What this task involves: "apply_or_panic-Consistent none s h = h" appears in one line of the listing below; retype that line and every later line exactly, stopping at the end, and nothing else.

== Segment start ==

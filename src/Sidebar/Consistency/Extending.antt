-- ===== src/Sidebar/Consistency/Extending.antt =====
-- Consistent sessions under `populate_sidebar` and `extend_items_from_bookmarks`
-- (sidebar_domain_service.rs).
use prose_core_client.Base.{
  String, ℕ, Option, none, some, List, [], ◌∷◌, inl, inr, Bool-cases, Option-cases, string_eq,
}
use prose_core_client.Shared.Ids.{UserId, room_bare_jid}
use prose_core_client.Rooms.RoomModels.{Bookmark, is_in_sidebar}
use prose_core_client.Rooms.ConnectedRooms.{get_all}
use prose_core_client.Rooms.Room.{Room, room_id, Session, details_of, set_sidebar_state}
use prose_core_client.Rooms.Service.{build_nickname}
use prose_core_client.Rooms.Service.Requests.{system_initiated}
use prose_core_client.Rooms.Service.Connecting.{forget_room}
use prose_core_client.Rooms.Service.Consistent.{
  Consistent, Keeps, continue-Consistent, match-Consistent,
}
use prose_core_client.Rooms.Service.Consistent.Steps.{forget_room-Consistent}
use prose_core_client.Sidebar.{SidebarServices, save_bookmark_for_room}
use prose_core_client.Sidebar.Joins.{needs_join, join_room_identified_by_bookmark_if_needed}
use prose_core_client.Sidebar.Extend.{
  Update, sidebar_state_beq, find_live, notify_if, insert_pending, insert_all, follow_bookmark,
  collect, joined, join_bookmark, join_all, updates_of, apply_update, apply_updates, apply_or_panic,
  extend_items_from_bookmarks, populate_sidebar,
}
use prose_core_client.Sidebar.Consistency.{
  SidebarKeeping, save_bookmark-Consistent, delete_bookmark-Consistent,
}
use prose_core_client.Sidebar.Consistency.Pending.{notify_if-Consistent, pending_room-Consistent}
use prose_core_client.Sidebar.Consistency.Joins.{join_if_needed-Consistent}

module _ (c : SidebarServices) (keep : SidebarKeeping c) (username : UserId → String)
    (fuel : ℕ) where
  insert_pending-Consistent :
      (nickname : String) (b : Bookmark) (s : Session)
      → Consistent s
      → Consistent (insert_pending c username fuel nickname b s)
  unfolding insert_pending
  insert_pending-Consistent nickname b s h =
      elim (Bool-cases (needs_join c fuel b.type b.sidebar_state)) [
        | inl needed ↦ rw (insert_pending, needed) (pending_room-Consistent username b nickname s h)
        | inr idle ↦ rw (insert_pending, idle) h
      ]

  insert_all-Consistent :
      (nickname : String) (rooms : List Room) (bs : List Bookmark) (s : Session)
      → Consistent s
      → Consistent (insert_all c username fuel nickname rooms bs s).1
  unfolding insert_all
  insert_all-Consistent nickname rooms [] s h = h
  insert_all-Consistent nickname rooms (b ∷ bs) s h = elim (Option-cases (find_live rooms b s)) [
    | inl out ↦
        rw (insert_all, out)
          (insert_all-Consistent nickname rooms bs (insert_pending c username fuel nickname b s)
            (insert_pending-Consistent nickname b s h))
    | inr (room, there) ↦ rw (insert_all, there) (insert_all-Consistent nickname rooms bs s h)
  ]

  follow_bookmark-Consistent :
      (room : Room) (b : Bookmark) (s : Session)
      → Consistent s
      → Consistent (follow_bookmark c username fuel room b s).1
  unfolding follow_bookmark set_sidebar_state
  follow_bookmark-Consistent room b s h =
      elim (Bool-cases (sidebar_state_beq (details_of room s).sidebar_state b.sidebar_state)) [
        | inl same ↦ rw (follow_bookmark, same) h
        | inr other ↦ rw (follow_bookmark, other) h
      ]

  collect-Consistent :
      (rooms : List Room) (bs : List Bookmark) (s : Session)
      → Consistent s
      → Consistent (collect c username fuel rooms bs s).2
  unfolding collect
  collect-Consistent rooms [] s h = h
  collect-Consistent rooms (b ∷ bs) s h = elim (Option-cases (find_live rooms b s)) [
    | inl out ↦ rw (collect, out) (collect-Consistent rooms bs s h)
    | inr (room, there) ↦
        rw (collect, there)
          (collect-Consistent rooms bs (follow_bookmark c username fuel room b s).1
            (follow_bookmark-Consistent room b s h))
  ]

  joined-Consistent : (b : Bookmark) (room : Option Room) → Keeps (joined c username fuel b room)
  unfolding joined
  joined-Consistent b none s h = h
  joined-Consistent b (some room) s h = notify_if-Consistent (is_in_sidebar b.sidebar_state) s h

  join_bookmark-Consistent : (b : Bookmark) → Keeps (join_bookmark c username fuel b)
  unfolding join_bookmark
  join_bookmark-Consistent b s h =
      match-Consistent (join_room_identified_by_bookmark_if_needed c fuel b system_initiated s) _ _
        (join_if_needed-Consistent c keep fuel b system_initiated s h) (joined-Consistent b)
        (λ error s1. notify_if-Consistent (is_in_sidebar b.sidebar_state) s1)

  join_all-Consistent : (bs : List Bookmark) → Keeps (join_all c username fuel bs)
  unfolding join_all
  join_all-Consistent [] s h = h
  join_all-Consistent (b ∷ bs) s h =
      continue-Consistent (join_bookmark c username fuel b s) _ (join_bookmark-Consistent b s h)
        (λ update s1 h1.
          continue-Consistent (join_all c username fuel bs s1) _ (join_all-Consistent bs s1 h1)
            (λ updates s2 h2. h2))

  apply_update-Consistent : (u : Update) → Keeps (apply_update c username fuel u)
  unfolding apply_update
  apply_update-Consistent (Update.save_room room) s h = save_bookmark-Consistent c keep room s h
  apply_update-Consistent (Update.move_bookmark room id) s h =
      continue-Consistent (save_bookmark_for_room c room s) _
        (save_bookmark-Consistent c keep room s h)
        (λ u. delete_bookmark-Consistent c keep (room_bare_jid id))
  apply_update-Consistent (Update.drop_room id) s h =
      delete_bookmark-Consistent c keep (room_bare_jid id) (forget_room (room_bare_jid id) s)
        (forget_room-Consistent (room_bare_jid id) s h)

  apply_updates-Consistent : (us : List Update) → Keeps (apply_updates c username fuel us)
  unfolding apply_updates
  apply_updates-Consistent [] s h = h
  apply_updates-Consistent (u ∷ us) s h =
      continue-Consistent (apply_update c username fuel u s) _ (apply_update-Consistent u s h)
        (λ x. apply_updates-Consistent us)

  apply_or_panic-Consistent :
      (us : Option (List Update)) → Keeps (apply_or_panic c username fuel us)
  unfolding apply_or_panic
  apply_or_panic-Consistent none s h = h
  apply_or_panic-Consistent (some us) s h = apply_updates-Consistent us s h

  pub extend-Consistent :
      (bs : List Bookmark) → Keeps (extend_items_from_bookmarks c username fuel bs)
  unfolding extend_items_from_bookmarks
  extend-Consistent bs s h =
      continue-Consistent (c.rooms.connected_account s) _ (keep.rooms.connected_account s h)
        (λ account s1 h1.
          continue-Consistent (c.rooms.connected_id s1) _ (keep.rooms.connected_id s1 h1)
            (λ user s2 h2.
              let rooms = get_all room_id s2.connected in
              let nickname = build_nickname c.rooms none user.bare in
              let inserted = insert_all c username fuel nickname rooms bs s2 in
              let s3 = notify_if inserted.0 inserted.1 in
              let h3 =
                notify_if-Consistent inserted.0 inserted.1
                  (insert_all-Consistent nickname rooms bs s2 h2) in
              let followed = collect c username fuel rooms bs s3 in
              continue-Consistent
                (join_all c username fuel followed.1 (notify_if followed.0 followed.2)) _
                (join_all-Consistent followed.1 (notify_if followed.0 followed.2)
                  (notify_if-Consistent followed.0 followed.2 (collect-Consistent rooms bs s3 h3)))
                (λ updates s5.
                  apply_or_panic-Consistent (updates_of c username fuel updates s5) s5)))

  pub populate_sidebar-Consistent : Keeps (populate_sidebar c username fuel)
  unfolding populate_sidebar
  populate_sidebar-Consistent s h =
      continue-Consistent (c.load_bookmarks s) _ (keep.load_bookmarks s h) extend-Consistent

== Segment end ==

Answer to this exercise:
  apply_or_panic-Consistent none s h = h
  apply_or_panic-Consistent (some us) s h = apply_updates-Consistent us s h

  pub extend-Consistent :
      (bs : List Bookmark) → Keeps (extend_items_from_bookmarks c username fuel bs)
  unfolding extend_items_from_bookmarks
  extend-Consistent bs s h =
      continue-Consistent (c.rooms.connected_account s) _ (keep.rooms.connected_account s h)
        (λ account s1 h1.
          continue-Consistent (c.rooms.connected_id s1) _ (keep.rooms.connected_id s1 h1)
            (λ user s2 h2.
              let rooms = get_all room_id s2.connected in
              let nickname = build_nickname c.rooms none user.bare in
              let inserted = insert_all c username fuel nickname rooms bs s2 in
              let s3 = notify_if inserted.0 inserted.1 in
              let h3 =
                notify_if-Consistent inserted.0 inserted.1
                  (insert_all-Consistent nickname rooms bs s2 h2) in
              let followed = collect c username fuel rooms bs s3 in
              continue-Consistent
                (join_all c username fuel followed.1 (notify_if followed.0 followed.2)) _
                (join_all-Consistent followed.1 (notify_if followed.0 followed.2)
                  (notify_if-Consistent followed.0 followed.2 (collect-Consistent rooms bs s3 h3)))
                (λ updates s5.
                  apply_or_panic-Consistent (updates_of c username fuel updates s5) s5)))

  pub populate_sidebar-Consistent : Keeps (populate_sidebar c username fuel)
  unfolding populate_sidebar
  populate_sidebar-Consistent s h =
      continue-Consistent (c.load_bookmarks s) _ (keep.load_bookmarks s h) extend-Consistent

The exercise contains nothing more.